**WORK ITEM**
Among the entries below, find the line with "no_event p p' h = ([], h)", then quote it and each following line up to and including the line with "step-pools down_ends t", and nothing else.

= = = =

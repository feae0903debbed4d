-- ===== src/Tunnel/Pools.antt =====
-- A run of both ends is, at the client, a run of its handlers with their connection.
use echo_proxy_core.Base.{
  ℕ, ◌≡◌, refl, sym, ap, ◌∙◌, inl, inr, Bool, none, some, List, [], ◌∷◌, ◌++◌, Bytes, Option-cases,
  get_elem?,
}
use echo_proxy_core.Frame.{encode}
use echo_proxy_core.WebSocket.{binary}
use echo_proxy_core.Client.Pool
use echo_proxy_core.Client.Pool.{Pool, Job}
use echo_proxy_core.Tunnel.{
  Tunnel, Event, spawned, moves, up_taken, down_taken, down_ends, writer_stops, closes, clears_acks,
  step, run, take_up, take_down,
}
use echo_proxy_core.Tunnel.Steps

-- The events of the connection's handlers within a run of both ends.
module _ (should_bypass : Bytes → ℕ → Bool) where
  abbrev pub PoolsFrom : Pool ℕ ℕ → Pool ℕ ℕ → Type 0
  PoolsFrom p p' = (es : List (Pool.Event ℕ ℕ)) × (p' ≡ Pool.run should_bypass es p)

  one_event : (e : Pool.Event ℕ ℕ) (p : Pool ℕ ℕ) → PoolsFrom p (Pool.step should_bypass e p)
  unfolding Pool.run
  one_event e p = (e ∷ [], refl)

  pub no_event : (p p' : Pool ℕ ℕ) → p' ≡ p → PoolsFrom p p'
  unfolding Pool.run
  no_event p p' h = ([], h)

  take_up-pools : (connected : Bool) (t : Tunnel) → PoolsFrom t.pool (take_up connected t).pool
  take_up-pools connected t = no_event t.pool _ (Steps.up_taken-down connected t).0

  take_down-pools : (t : Tunnel) → PoolsFrom t.pool (take_down should_bypass t).pool
  unfolding take_down
  take_down-pools t = elim (Option-cases (get_elem? t.server.outbox t.taken_down)) [
    | inl e ↦ rw (take_down, e) (no_event t.pool t.pool refl)
    | inr (f, e) ↦ rw (take_down, e) (one_event (Pool.arrives (some (binary (encode f)))) t.pool)
  ]

  step-pools : (e : Event) (t : Tunnel) → PoolsFrom t.pool (step should_bypass e t).pool
  unfolding step
  step-pools (spawned id job) t = one_event (Pool.spawned id job) t.pool
  step-pools (moves n answer) t = one_event _ t.pool
  step-pools (up_taken connected) t = take_up-pools connected t
  step-pools down_taken t = take_down-pools t
  step-pools down_ends t = one_event (Pool.arrives none) t.pool
  step-pools writer_stops t = one_event Pool.writer_stops t.pool
  step-pools closes t = one_event Pool.closes t.pool
  step-pools clears_acks t = one_event Pool.clears_acks t.pool
  step-pools _ t = no_event t.pool t.pool refl

  pub Pool_run-append :
      (es es' : List (Pool.Event ℕ ℕ)) (p : Pool ℕ ℕ)
      → Pool.run should_bypass (es ++ es') p
        ≡ Pool.run should_bypass es' (Pool.run should_bypass es p)
  unfolding Pool.run
  Pool_run-append [] es' p = refl
  Pool_run-append (e ∷ es) es' p = Pool_run-append es es' (Pool.step should_bypass e p)

  pub run-pools : (es : List Event) (t : Tunnel) → PoolsFrom t.pool (run should_bypass es t).pool
  unfolding run
  run-pools [] t = no_event t.pool t.pool refl
  run-pools (e ∷ es) t =
      let (a, p) = step-pools e t in
      let (b, q) = run-pools es (step should_bypass e t) in
      (a ++ b, q ∙ ap (Pool.run should_bypass b) p ∙ sym (Pool_run-append a b t.pool))
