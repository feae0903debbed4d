-- ===== src/Tunnel/Finished.antt =====
-- What comes for a stream whose handler has returned.
use echo_proxy_core.Base.{
  ℕ, ◌≡◌, refl, sym, ap, ◌∙◌, subst, inl, inr, Bool, true, false, Option, none, List, [], ◌∷◌, ◌++◌,
  arith, Bytes, ◌==◌, Bool-cases, Option-cases, get_elem?, All, ok,
}
use mathlib.Core.List.{append-nil}
use echo_proxy_core.Frame.{Frame, IsFrame, hello, open_stream, open_ack, data_frame, close}
use echo_proxy_core.Session.{Delivery}
use echo_proxy_core.Session.Table.{lookup}
use echo_proxy_core.Client.Task.{Task}
use echo_proxy_core.Client.Conn
use echo_proxy_core.Client.Conn.{MuxConn}
use echo_proxy_core.Client.Pool
use echo_proxy_core.Client.Pool.{Pool, Job}
use echo_proxy_core.Client.Pool.Phases.{runs}
use echo_proxy_core.Client.Pool.Registered.{run-start-runs}
use echo_proxy_core.Client.Pool.Owned.{Quiet, advance-Quiet}
use echo_proxy_core.Tunnel.{
  Tunnel, Event, spawned, moves, up_taken, down_taken, step, run, start, take_down,
}
use echo_proxy_core.Tunnel.Flow.{payloads_to, brought, Keys, Keyed}
use echo_proxy_core.Tunnel.Sent.{jobs_of, take_up-kept, down_taken-kept}
use echo_proxy_core.Tunnel.Typed.{IsTyped, run-start-frames, run-later_frames}
use echo_proxy_core.Tunnel.EndToEnd.{jobs_of-cons-nil}
use echo_proxy_core.Tunnel.Flowing.{Flowing, step-Flowing, All-get_elem?}
use echo_proxy_core.Tunnel.Growth.{All-Grown, run-Grows}
use echo_proxy_core.Tunnel.Integrity.{run-Flowing, start-Flowing}
use echo_proxy_core.Tunnel.ClientEnd
use echo_proxy_core.Tunnel.Steps
use echo_proxy_core.Tunnel.Pools.{PoolsFrom, run-pools, Pool_run-append, no_event}

module _ (should_bypass : Bytes → ℕ → Bool) where
  abbrev Reached : Tunnel → Type 0
  Reached t = PoolsFrom should_bypass Pool.start t.pool

  start-Reached : Reached start
  unfolding start
  start-Reached = no_event should_bypass Pool.start start.pool refl

  run-Reached : (es : List Event) (t : Tunnel) → Reached t → Reached (run should_bypass es t)
  run-Reached es t (a, p) =
      let (b, q) = run-pools should_bypass es t in
      (
        a ++ b,
        q ∙ ap (Pool.run should_bypass b) p ∙ sym (Pool_run-append should_bypass a b Pool.start),
      )

  -- A stream that no handler runs for has no channel.
  Quiet-runs : (id : ℕ) (ts : List (ℕ × Task)) → Quiet id ts → runs id ts ≡ false
  Quiet-runs id [] q = refl
  Quiet-runs id ((j, t) ∷ ts) (n, q) = let h = Quiet-runs id ts q in ground (arith, n, h)

  Reached-lookup :
      (id : ℕ) (t : Tunnel)
      → Reached t
      → Quiet id t.pool.running
      → lookup id t.pool.conn.registry.inner ≡ none
  Reached-lookup id t (pes, p) q = elim (Option-cases (lookup id t.pool.conn.registry.inner)) [
    | inl n ↦ n
    | inr (tx, e) ↦
        let r : runs id t.pool.running ≡ true =
          subst (λ p. runs id p.running ≡ true) (sym p)
            (run-start-runs should_bypass pes id tx
              (ap (λ p. lookup id p.conn.registry.inner) (sym p) ∙ e)) in
        absurd (let n = Quiet-runs id t.pool.running q in ground (arith, r, n))
  ]

  -- A frame that the client takes brings nothing to a stream without a channel.
  brought-nothing :
      (id j : ℕ) (bytes : Bytes) (o : Option ℕ) (ds : List (Delivery ℕ))
      → Keyed j o
      → (j ≡ id → o ≡ none)
      → payloads_to id (brought o bytes ds) ≡ payloads_to id ds
  brought-nothing id j bytes o ds (inl n) h = rw n refl
  brought-nothing id j bytes o ds (inr e) h = elim (Bool-cases (j == id)) [
    | inl q ↦ absurd (let n : o ≡ none = h (ground arith) in ground (arith, n))
    | inr q ↦ rw (e, q, append-nil) refl
  ]

  dispatch-nothing :
      (id : ℕ) (f : Frame) (c : MuxConn ℕ ℕ)
      → Keys c.registry
      → lookup id c.registry.inner ≡ none
      → payloads_to id (Conn.dispatch (ok f) c).delivered ≡ payloads_to id c.delivered
  unfolding Conn.dispatch
  dispatch-nothing id (data_frame j bytes) c k o = rw (ClientEnd.deliver-delivered j bytes c) (
      brought-nothing id j bytes (lookup j c.registry.inner) c.delivered (k j)
        (λ e. ap (λ i. lookup i c.registry.inner) e ∙ o))
  dispatch-nothing id (open_ack j is_ok) c k o = rw (ClientEnd.resolve-delivered j is_ok c) refl
  dispatch-nothing id (close j) c k o = refl
  dispatch-nothing id (hello t) c k o = refl
  dispatch-nothing id (open_stream j dest) c k o = refl

  down_taken-nothing :
      (id : ℕ) (t : Tunnel)
      → All IsFrame t.server.outbox
      → Flowing t
      → lookup id t.pool.conn.registry.inner ≡ none
      → payloads_to id (take_down should_bypass t).pool.conn.delivered
        ≡ payloads_to id t.pool.conn.delivered
  unfolding take_down Pool.step
  down_taken-nothing id t b v o = elim (Option-cases (get_elem? t.server.outbox t.taken_down)) [
    | inl e ↦ rw (take_down, e) refl
    | inr (f, e) ↦
        let w = All-get_elem? t.server.outbox t.taken_down f e b in
        elim (ClientEnd.taken_cases f t.pool.conn w) [
          | inl q ↦ rw (take_down, e) (ap (λ c. payloads_to id c.delivered) q)
          | inr q ↦
              rw (take_down, e)
                (ap (λ c. payloads_to id c.delivered) q
                  ∙ dispatch-nothing id f t.pool.conn v.down.keys o)
        ]
  ]

  step-payloads_kept :
      (id : ℕ) (e : Event) (t : Tunnel)
      → All IsFrame t.server.outbox
      → Flowing t
      → lookup id t.pool.conn.registry.inner ≡ none
      → payloads_to id (step should_bypass e t).pool.conn.delivered
        ≡ payloads_to id t.pool.conn.delivered
  unfolding step
  step-payloads_kept id e t b v o = elim (Steps.step-down should_bypass e t) [
    | inl q ↦ rw q (down_taken-nothing id t b v o)
    | inr (d, k) ↦ ap (payloads_to id) d
  ]

  step-Quiet :
      (id : ℕ) (e : Event) (t : Tunnel)
      → jobs_of id (e ∷ []) ≡ []
      → Quiet id t.pool.running
      → Quiet id (step should_bypass e t).pool.running
  unfolding step Pool.step
  step-Quiet id (spawned j job) t h q = ((λ e. ground (arith, h)), q)
  step-Quiet id (moves n answer) t h q = advance-Quiet answer id n t.pool.running q
  step-Quiet id (up_taken connected) t h q =
      subst (Quiet id) (sym (ap (λ p. p.running) (take_up-kept connected t).0)) q
  step-Quiet id down_taken t h q = subst (Quiet id) (sym (down_taken-kept should_bypass t).0) q
  step-Quiet id _ t h q = q

  run-Quiet_kept :
      (id : ℕ) (es : List Event) (t : Tunnel)
      → jobs_of id es ≡ []
      → All IsFrame (run should_bypass es t).sent_up
      → All IsFrame (run should_bypass es t).server.outbox
      → Reached t
      → Flowing t
      → Quiet id t.pool.running
      → payloads_to id (run should_bypass es t).pool.conn.delivered
        ≡ payloads_to id t.pool.conn.delivered
  unfolding run
  run-Quiet_kept id [] t h a b r v q = refl
  run-Quiet_kept id (e ∷ es) t h a b r v q =
      let (h0, hs) = jobs_of-cons-nil id e es h in
      let (ga, gb) = run-Grows should_bypass (e ∷ es) t in
      let a0 = All-Grown _ _ ga a in
      let b0 = All-Grown _ _ gb b in
      run-Quiet_kept id es (step should_bypass e t) hs a b (run-Reached (e ∷ []) t r)
        (step-Flowing should_bypass e t a0 b0 v) (step-Quiet id e t h0 q)
      ∙ step-payloads_kept id e t b0 v (Reached-lookup id t r q)

  -- From a point of any run at which no handler of a stream runs, and as long as none is spawned for it
  -- again, nothing more is handed to a handler of that stream, whatever the server still sends for it,
  -- if the handlers have ids of a u32 and targets in UTF-8.
  pub run-answer_dropped :
      (id : ℕ) (es₀ es : List Event)
      → jobs_of id es ≡ []
      → Quiet id (run should_bypass es₀ start).pool.running
      → IsTyped es₀
      → IsTyped es
      → payloads_to id (run should_bypass es (run should_bypass es₀ start)).pool.conn.delivered
        ≡ payloads_to id (run should_bypass es₀ start).pool.conn.delivered
  run-answer_dropped id es₀ es h q w₀ w =
      let t = run should_bypass es₀ start in
      let (a, b) = run-later_frames should_bypass es₀ es w₀ w in
      let (a₀, b₀) = run-start-frames should_bypass es₀ w₀ in
      run-Quiet_kept id es t h a b (run-Reached es₀ start start-Reached)
        (run-Flowing should_bypass es₀ start a₀ b₀ (start-Flowing should_bypass)) q
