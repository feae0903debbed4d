-- ===== src/Tunnel/Complete.antt =====
-- While a stream has its channel, nothing that was sent for it is lost.
use echo_proxy_core.Base.{
  ℕ, ◌≤◌, ◌≡◌, sym, subst, inl, inr, Bool, List, [], ◌∷◌, ◌++◌, Bytes, length, take, drop, All,
}
use echo_proxy_core.Frame.{IsFrame}
use echo_proxy_core.Tunnel.{Tunnel, Event, step, run, start}
use echo_proxy_core.Tunnel.Flow.{payloads_to, payloads_of}
use echo_proxy_core.Tunnel.Exact.{Exact, Exact-start}
use echo_proxy_core.Tunnel.ServerEnd.{Grown}
use echo_proxy_core.Tunnel.Flowing.{Flowing, step-Flowing}
use echo_proxy_core.Tunnel.Growth.{All-Grown, run-Grows, step-Grows}
use echo_proxy_core.Tunnel.Integrity.{run-Flowing, start-Flowing}
use echo_proxy_core.Tunnel.Steps.{
  Way, up, down, delivered_on, sent_on, taken_on, IsOpen, IsExact, Exact-kept, up_taken-Exact,
  down_taken-Exact, step-up, step-down,
}
use echo_proxy_core.Tunnel.Typed.{IsTyped, run-later_frames}

module _ (should_bypass : Bytes → ℕ → Bool) where
  abbrev Proper : Tunnel → Type 0
  Proper t = All IsFrame t.sent_up × All IsFrame t.server.outbox

  quiet-Exact :
      (way : Way) (id from : ℕ) (before : List Bytes) (e : Event) (t : Tunnel)
      → Grown (sent_on way t) (sent_on way (step should_bypass e t))
      → (delivered_on way (step should_bypass e t) ≡ delivered_on way t)
        × (taken_on way (step should_bypass e t) ≡ taken_on way t)
      → IsExact way id before from t
      → IsExact way id before from (step should_bypass e t)
  quiet-Exact way id from before e t g (d, k) x =
      subst
        (λ n.
          Exact id before from (delivered_on way (step should_bypass e t))
            (sent_on way (step should_bypass e t)) n)
        (sym k) (Exact-kept id from before _ _ _ _ (taken_on way t) d g x)

  step-Exact :
      (way : Way) (id from : ℕ) (before : List Bytes) (e : Event) (t : Tunnel)
      → Proper t
      → Flowing t
      → IsOpen way id t
      → IsExact way id before from t
      → IsExact way id before from (step should_bypass e t)
  unfolding step
  step-Exact up id from before e t (a, b) v o x = elim (step-up should_bypass e t) [
    | inl (connected, q) ↦
        subst (λ e. IsExact up id before from (step should_bypass e t)) (sym q)
          (up_taken-Exact id from before connected t a v o x)
    | inr k ↦ quiet-Exact up id from before e t (step-Grows should_bypass e t).0 k x
  ]
  step-Exact down id from before e t (a, b) v o x = elim (step-down should_bypass e t) [
    | inl q ↦
        subst (λ e. IsExact down id before from (step should_bypass e t)) (sym q)
          (down_taken-Exact should_bypass id from before t b v o x)
    | inr k ↦ quiet-Exact down id from before e t (step-Grows should_bypass e t).1 k x
  ]

  -- The stream has its channel before each of the events.
  abbrev pub StaysOpen : Way → ℕ → List Event → Tunnel → Type 0
  StaysOpen way id [] t = Unit
  StaysOpen way id (e ∷ es) t = IsOpen way id t × StaysOpen way id es (step should_bypass e t)

  run-Exact :
      (way : Way) (id from : ℕ) (before : List Bytes) (es : List Event) (t : Tunnel)
      → Proper (run should_bypass es t)
      → Flowing t
      → StaysOpen way id es t
      → IsExact way id before from t
      → IsExact way id before from (run should_bypass es t)
  unfolding run
  run-Exact way id from before [] t p v o x = x
  run-Exact way id from before (e ∷ es) t (a, b) v (o, os) x =
      let (g, h) = run-Grows should_bypass (e ∷ es) t in
      let p : Proper t = (All-Grown _ _ g a, All-Grown _ _ h b) in
      run-Exact way id from before es (step should_bypass e t) (a, b)
        (step-Flowing should_bypass e t p.0 p.1 v) os (step-Exact way id from before e t p v o x)

  taken_on_le : (way : Way) (t : Tunnel) → Flowing t → taken_on way t ≤ length (sent_on way t)
  taken_on_le up t v = (v.up.flows 0).taken
  taken_on_le down t v = (v.down.flows 0).taken

  -- The same of frames of any kind, as long as they fit the frame format.
  run-payloads_complete :
      (way : Way) (id : ℕ) (es₀ es : List Event)
      → All IsFrame (run should_bypass es (run should_bypass es₀ start)).sent_up
      → All IsFrame (run should_bypass es (run should_bypass es₀ start)).server.outbox
      → StaysOpen way id es (run should_bypass es₀ start)
      → payloads_to id (delivered_on way (run should_bypass es (run should_bypass es₀ start)))
        ≡ payloads_to id (delivered_on way (run should_bypass es₀ start))
          ++ payloads_of id (
              drop (taken_on way (run should_bypass es₀ start)) (
                take
                  (taken_on way (run should_bypass es (run should_bypass es₀ start)))
                  (sent_on way (run should_bypass es (run should_bypass es₀ start)))))
  run-payloads_complete way id es₀ es a b o =
      let t = run should_bypass es₀ start in
      let (g, h) = run-Grows should_bypass es t in
      let v =
        run-Flowing should_bypass es₀ start (All-Grown _ _ g a) (All-Grown _ _ h b)
          (start-Flowing should_bypass) in
      (run-Exact way id (taken_on way t) (payloads_to id (delivered_on way t)) es t (a, b) v o
        (Exact-start id (delivered_on way t) (sent_on way t) (taken_on way t)
          (taken_on_le way t v))).exact

  -- From any point of any run whose handlers have ids of a u32 and targets in UTF-8, as long as the
  -- receiving end has the channel of a stream (and, on the client, its reader runs), what it hands to
  -- the channel is exactly, one after another, the payloads of all the DATA frames for the stream among
  -- the frames that it takes: nothing is lost in either direction.
  pub run-all_arrive :
      (way : Way) (id : ℕ) (es₀ es : List Event)
      → IsTyped es₀
      → IsTyped es
      → StaysOpen way id es (run should_bypass es₀ start)
      → payloads_to id (delivered_on way (run should_bypass es (run should_bypass es₀ start)))
        ≡ payloads_to id (delivered_on way (run should_bypass es₀ start))
          ++ payloads_of id (
              drop (taken_on way (run should_bypass es₀ start)) (
                take
                  (taken_on way (run should_bypass es (run should_bypass es₀ start)))
                  (sent_on way (run should_bypass es (run should_bypass es₀ start)))))
  run-all_arrive way id es₀ es w₀ w o =
      let (a, b) = run-later_frames should_bypass es₀ es w₀ w in
      run-payloads_complete way id es₀ es a b o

= = = =

**ANSWER FOR THE TASK**
  no_event p p' h = ([], h)

  take_up-pools : (connected : Bool) (t : Tunnel) → PoolsFrom t.pool (take_up connected t).pool
  take_up-pools connected t = no_event t.pool _ (Steps.up_taken-down connected t).0

  take_down-pools : (t : Tunnel) → PoolsFrom t.pool (take_down should_bypass t).pool
  unfolding take_down
  take_down-pools t = elim (Option-cases (get_elem? t.server.outbox t.taken_down)) [
    | inl e ↦ rw (take_down, e) (no_event t.pool t.pool refl)
    | inr (f, e) ↦ rw (take_down, e) (one_event (Pool.arrives (some (binary (encode f)))) t.pool)
  ]

  step-pools : (e : Event) (t : Tunnel) → PoolsFrom t.pool (step should_bypass e t).pool
  unfolding step
  step-pools (spawned id job) t = one_event (Pool.spawned id job) t.pool
  step-pools (moves n answer) t = one_event _ t.pool
  step-pools (up_taken connected) t = take_up-pools connected t
  step-pools down_taken t = take_down-pools t
  step-pools down_ends t = one_event (Pool.arrives none) t.pool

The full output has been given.